I just got back from Google’s “Discover Music” launch and…wow. This is a big one.
Real writers have done a great job of documenting what it all means, but the gist of it is this: when you Google a band, album, song title, or lyric snippet, a little player is now going to pop up in the search results, allowing you to listen to either a 30 second clip or the whole song, courtesy of lala, iLike, MySpace, and/or Pandora.
On the one hand, this is awesome. In a lot of ways, standardization is the working musician’s friend – for better or for worse, MySpace has sort of become the de facto “electronic press kit”, and this partnership legitimizes what was otherwise an increasingly outdated website that somehow still does what it does better than anyone else out there.
On the other hand, nothing good ever comes from this kind of consolidation. </hyperbole> My pet theory, which I stole from Aaron Wall, is that they’re going to wait for this to gain critical mass, then change up the terms so that bands/labels who don’t want to pay for placement get disappeared or bumped way down in the search results. “Extortion”, is what they call it where I’m from.
If their overall goal is to take on iTunes (which I’m assuming it is, because no one said so much as “Apple” during the 90 minute seminar), more power to them. I love a good fight, and it’s about time iTunes’ “here’s every band in the world, have a listen and/or buy” interface was replicated on the web proper. As the dude from OneRepublic said, this isn’t going to get rid of the torrents, it’s going to help you cut through the noise and find what you’re looking for faster.
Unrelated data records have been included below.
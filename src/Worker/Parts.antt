-- ===== src/Worker/Parts.antt =====
-- The parts of Start (internal/worker/store.go), whichever statements the driver fails.
use flick_drop.Base.{
  ℕ, ◌+◌, ◌≤◌, ◌<◌, ◌≡◌, ◌⊎◌, String, true, Option, none, some, arith, string_eq, ltb,
}
use flick_drop.Sql.{is_ok, Result, ok, err, Faults, TxState}
use flick_drop.Worker.Tables.{Receipt, Db, failure_count, last_failure}
use flick_drop.Worker.Store.{
  Error, job_processing, Stmt, processing_lease, reclaim, settle_exhausted, claim,
}
use flick_drop.Worker.Moves.{claimed, buried}

abbrev pub opened : Db → Db → TxState Db
opened d w = record { committed = d; working = w }

module _ (faults : Faults Stmt) where
  pub claim-outcome :
      (job_id : String) (r : Receipt) (now : ℕ) (s : TxState Db)
      → let t = (claim faults job_id r now s).1 in
        (t.committed ≡ s.committed) ⊎ (t.committed ≡ claimed job_id (r.attempts + 1) now s.working)
  unfolding claim claimed
  claim-outcome job_id r now s = ground arith

  -- The error text of the last failure, if there is one.
  abbrev text_or : Option String → String
  text_or none = ""
  text_or (some e) = e

  unfoldable pub Exhausted :
      String → Receipt → String → ℕ → ℕ → TxState Db → Result Error (Unit {0}) × TxState Db → Type 0
  Exhausted job_id r payload max now s (ok a, t) =
      (t.committed ≡ s.committed) × (t.working ≡ s.working)
  Exhausted job_id r payload max now s (err x, t) =
      (t.committed ≡ s.committed)
      ⊎ ((max ≤ failure_count job_id s.working)
          × (last_failure job_id s.working ≡ some (text_or (last_failure job_id s.working)))
          × (t.committed
              ≡ buried r payload (text_or (last_failure job_id s.working)) now s.working))

  pub settle_exhausted-Exhausted :
      (job_id : String) (r : Receipt) (payload : String) (max now : ℕ) (s : TxState Db)
      → Exhausted job_id r payload max now s (settle_exhausted faults job_id r payload max now s)
  unfolding settle_exhausted buried Exhausted
  settle_exhausted-Exhausted job_id r payload max now s = ground arith

  pub settle_exhausted-below :
      (job_id : String) (r : Receipt) (payload : String) (max now : ℕ) (s : TxState Db)
      → is_ok (settle_exhausted faults job_id r payload max now s).0 ≡ true
      → failure_count job_id s.working < max
  unfolding settle_exhausted
  settle_exhausted-below job_id r payload max now s h = ground (arith, h)

  pub reclaim-held :
      (job_id : String) (r : Receipt) (now : ℕ) (s : TxState Db)
      → ltb now (r.updated_at + processing_lease) ≡ true
      → reclaim faults job_id r now s ≡ (err job_processing, s)
  unfolding reclaim
  reclaim-held job_id r now s h = ground (arith, h)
And the prominent links to buyable MP3s & Wikipedia bios make everybody on the supply side feel good.
And yet, I can’t help feeling like this is the beginning of the beginning of the end. In both my day and night jobs (webmaking & songwriting, respectively), I’ve come to love the “long tail” of the internet, and consolidations like this always make me a little uneasy.
But whatever. We’re all going to die in three years from giant Aztec meteors – might as well enjoy the ride down.